Here's a solution, which, although not 100% vectorized, (per my benchmarks) takes about half the time as your does (using your sample data). The performance improvement probably becomes more drastic with more data:

maximums = [a.max() for a in np.split(values, np.arange(1, ids.shape[0])[(np.diff(ids) != 0)])]

Output:

>>> maximums
[5, 3, 6, 8, 8]

In trying to visualize the problem:

In [82]: [np.where(ids==id) for id in uniq_ids]
Out[82]: 
[(array([0]),),
 (array([1]),),
 (array([2, 3, 4, 5]),),
 (array([6]),),
 (array([7, 8, 9]),)]

unique can also return:

In [83]: np.unique(ids, return_inverse=True)
Out[83]: (array([0, 1, 3, 5, 6]), array([0, 1, 2, 2, 2, 2, 3, 4, 4, 4]))

Which is a variante on what richardec produced:

In [88]: [a for a in np.split(ids, np.arange(1, ids.shape[0])[(np.diff(ids) !=
    ...: 0)])]
Out[88]: [array([0]), array([1]), array([3, 3, 3, 3]), array([5]), array([6, 6, 6])]

That inverse is also produced by doing where on all == at once:

In [90]: ids[:,None] == uniq_ids
Out[90]: 
array([[ True, False, False, False, False],
       [False,  True, False, False, False],
       [False, False,  True, False, False],
       [False, False,  True, False, False],
       [False, False,  True, False, False],
       [False, False,  True, False, False],
       [False, False, False,  True, False],
       [False, False, False, False,  True],
       [False, False, False, False,  True],
       [False, False, False, False,  True]])
In [91]: np.nonzero(ids[:,None] == uniq_ids)
Out[91]: (array([0, 1, 2, 3, 4, 5, 6, 7, 8, 9]), array([0, 1, 2, 2, 2, 2, 3, 4, 4, 4]))

I'm still thinking through this ...

EDIT: I'll leave this up as an example of why we can't always use np.vectorize() to make everything magically faster:

One solution is to use numpy's vectorize function:

import numpy as np

values = np.array([5, 3, 2, 6, 3, 4, 8, 2, 4, 8])
ids = np.array([0, 1, 3, 3, 3, 3, 5, 6, 6, 6])

def my_func(id):
    return np.max(values[np.where(ids==id)])
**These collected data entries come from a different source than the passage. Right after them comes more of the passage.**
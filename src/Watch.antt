-- ===== src/Watch.antt =====
-- The live stream: the handlers that main of cmd/scam/main.go registers with the informers, each
-- with what it calls, and the notices that they receive, in any order.
pub mod Extending
pub mod Stream
pub mod Exposed
mod Tests
use scam.Base.{Bool, Option, List, [], ◌∷◌, if◌then◌else◌}
use scam.Kube.{Pod, Service, EndpointSlice, Ingress, IngressClass, Unstructured}
use scam.Dynamic.{Nested}
use scam.Emit.{Log}
use scam.Pod.{emit_pod, emit_pod_delete}
use scam.Pod.Owner.{ReplicaSets}
use scam.Service.{emit_service, emit_service_delete}
use scam.EndpointSlice.{emit_endpoint_slice, emit_endpoint_slice_delete}
use scam.Ingress.{emit_ingress, emit_ingress_delete, emit_ingress_class, emit_ingress_class_delete}
use scam.Refs.{
  Services, ingress_backends, route_backends, traefik_backends, is_route_gvr,
  refresh_backend_services,
}
use scam.Gateway.{Gvr, emit_gateway_api, emit_gateway_api_delete}
use scam.Traefik.{emit_traefik, emit_traefik_delete}
use scam.Informer.{Notice, Handlers, on_events}

-- What the handlers read besides the objects: the accessors of unstructured objects, and the
-- listers of `collector.Refs`.
pub record Setting : Type 0 where
  pub lib : Nested
  pub replica_sets : ReplicaSets
  pub services : Option Services

abbrev pub pod_handlers : Setting → Handlers Pod Log
pod_handlers x = record {
  add_update = λ event p old l. (emit_pod x.replica_sets event p old l).1;
  delete = emit_pod_delete x.replica_sets;
}

abbrev pub service_handlers : Handlers Service Log
service_handlers = record {
  add_update = λ event s _ l. emit_service event s l;
  delete = emit_service_delete;
}

abbrev pub endpoint_slice_handlers : Handlers EndpointSlice Log
endpoint_slice_handlers = record {
  add_update = λ event es _ l. emit_endpoint_slice event es l;
  delete = emit_endpoint_slice_delete;
}

abbrev pub ingress_handlers : Setting → Handlers Ingress Log
ingress_handlers x = record {
  add_update = λ event i _ l.
      refresh_backend_services x.services (ingress_backends i) (emit_ingress event i l);
  delete = emit_ingress_delete;
}

abbrev pub ingress_class_handlers : Handlers IngressClass Log
ingress_class_handlers = record {
  add_update = λ event ic _ l. emit_ingress_class event ic l;
  delete = emit_ingress_class_delete;
}

abbrev pub refresh_route : Setting → Gvr → Unstructured → Log → Log
refresh_route x gvr u l =
    if is_route_gvr gvr.resource
    then refresh_backend_services x.services (route_backends x.lib u) l
    else l

abbrev pub gateway_handlers : Setting → Gvr → Handlers Unstructured Log
gateway_handlers x gvr = record {
  add_update = λ event u _ l. refresh_route x gvr u (emit_gateway_api x.lib event gvr u l);
  delete = emit_gateway_api_delete gvr;
}

abbrev pub traefik_handlers : Setting → Gvr → Handlers Unstructured Log
traefik_handlers x gvr = record {
  add_update = λ event u _ l.
      refresh_backend_services x.services (traefik_backends x.lib u)
        (emit_traefik x.lib event gvr u l);
  delete = emit_traefik_delete gvr;
}

-- A notice of one of the informers that have handlers.
pub data Notified : Type 0 where
  of_pod : Notice Pod → Notified
  of_service : Notice Service → Notified
  of_endpoint_slice : Notice EndpointSlice → Notified
  of_ingress : Notice Ingress → Notified
  of_ingress_class : Notice IngressClass → Notified
  of_gateway : Gvr → Notice Unstructured → Notified
  of_traefik : Gvr → Notice Unstructured → Notified

unfoldable pub notify : Setting → Bool → Notified → Log → Log
notify x synced (of_pod n) l = on_events (pod_handlers x) synced n l
notify x synced (of_service n) l = on_events service_handlers synced n l
notify x synced (of_endpoint_slice n) l = on_events endpoint_slice_handlers synced n l
notify x synced (of_ingress n) l = on_events (ingress_handlers x) synced n l
notify x synced (of_ingress_class n) l = on_events ingress_class_handlers synced n l
notify x synced (of_gateway gvr n) l = on_events (gateway_handlers x gvr) synced n l
notify x synced (of_traefik gvr n) l = on_events (traefik_handlers x gvr) synced n l

-- Notices one after the other.
unfoldable pub notify_all : Setting → Bool → List Notified → Log → Log
notify_all x synced [] l = l
notify_all x synced (n ∷ ns) l = notify_all x synced ns (notify x synced n l)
vector_func = np.vectorize(my_func)
maximums = vector_func(np.unique(ids))

which returns

array([5, 3, 6, 8, 8])

But as for speed, your version has about the same performance when we use

values = np.array([random.randint(1, 100) for i in range(1000000)])
ids = []
for i in range(100000):
    r = random.randint(1, 4)
    if r == 3:
        for x in range(3):
            ids.append(i)
    elif r == 2:
        for x in range(4):
            ids.append(i)
    else:
        ids.append(i)
ids = np.array(ids)

It's about 12 seconds per execution.

With pandas:

import pandas as pd

def with_pandas(ids, vals):
    df = pd.DataFrame({'ids': ids, 'vals': values})
    return df.groupby('ids')['vals'].max().to_numpy()

Timing:

import numpy as np

values = np.random.randint(10000, size=10000)
ids = np.random.randint(100, size=10000)

%timeit with_pandas(ids, values)
692 µs ± 21.1 µs per loop (mean ± std. dev. of 7 runs, 1000 loops each)

np.lexsort sorts by multiple columns. However, this is not compulsory. You can sort ids first and then choose maximum item of each divided group using numpy.maximum.reduceat

def mathfux(values, ids, return_groups=False):
    argidx = np.argsort(ids) #70% time
    ids_sort, values_sort = ids[argidx], values[argidx] #4% time
    div_points = np.r_[0, np.flatnonzero(np.diff(ids_sort)) + 1] #11% time (the most part for np.flatnonzero)
    if return_groups: 
        return ids[div_points], np.maximum.reduceat(values_sort, div_points)
    else: return np.maximum.reduceat(values_sort, div_points)

mathfux(values, ids, return_groups=True)
>>> (array([0, 1, 3, 5, 6]), array([5, 3, 6, 8, 8]))
mathfux(values, ids)
>>> mathfux(values, ids)
array([5, 3, 6, 8, 8])

Usually, some parts of numpy codes could be optimised further in numba. Note that np.argsort is a bottleneck in majority of groupby problems which can't be replaced by any other method. It is unlikely to be improved soon in numba or numpy. So you are reaching an optimal performance here and can't do much in further optimisations.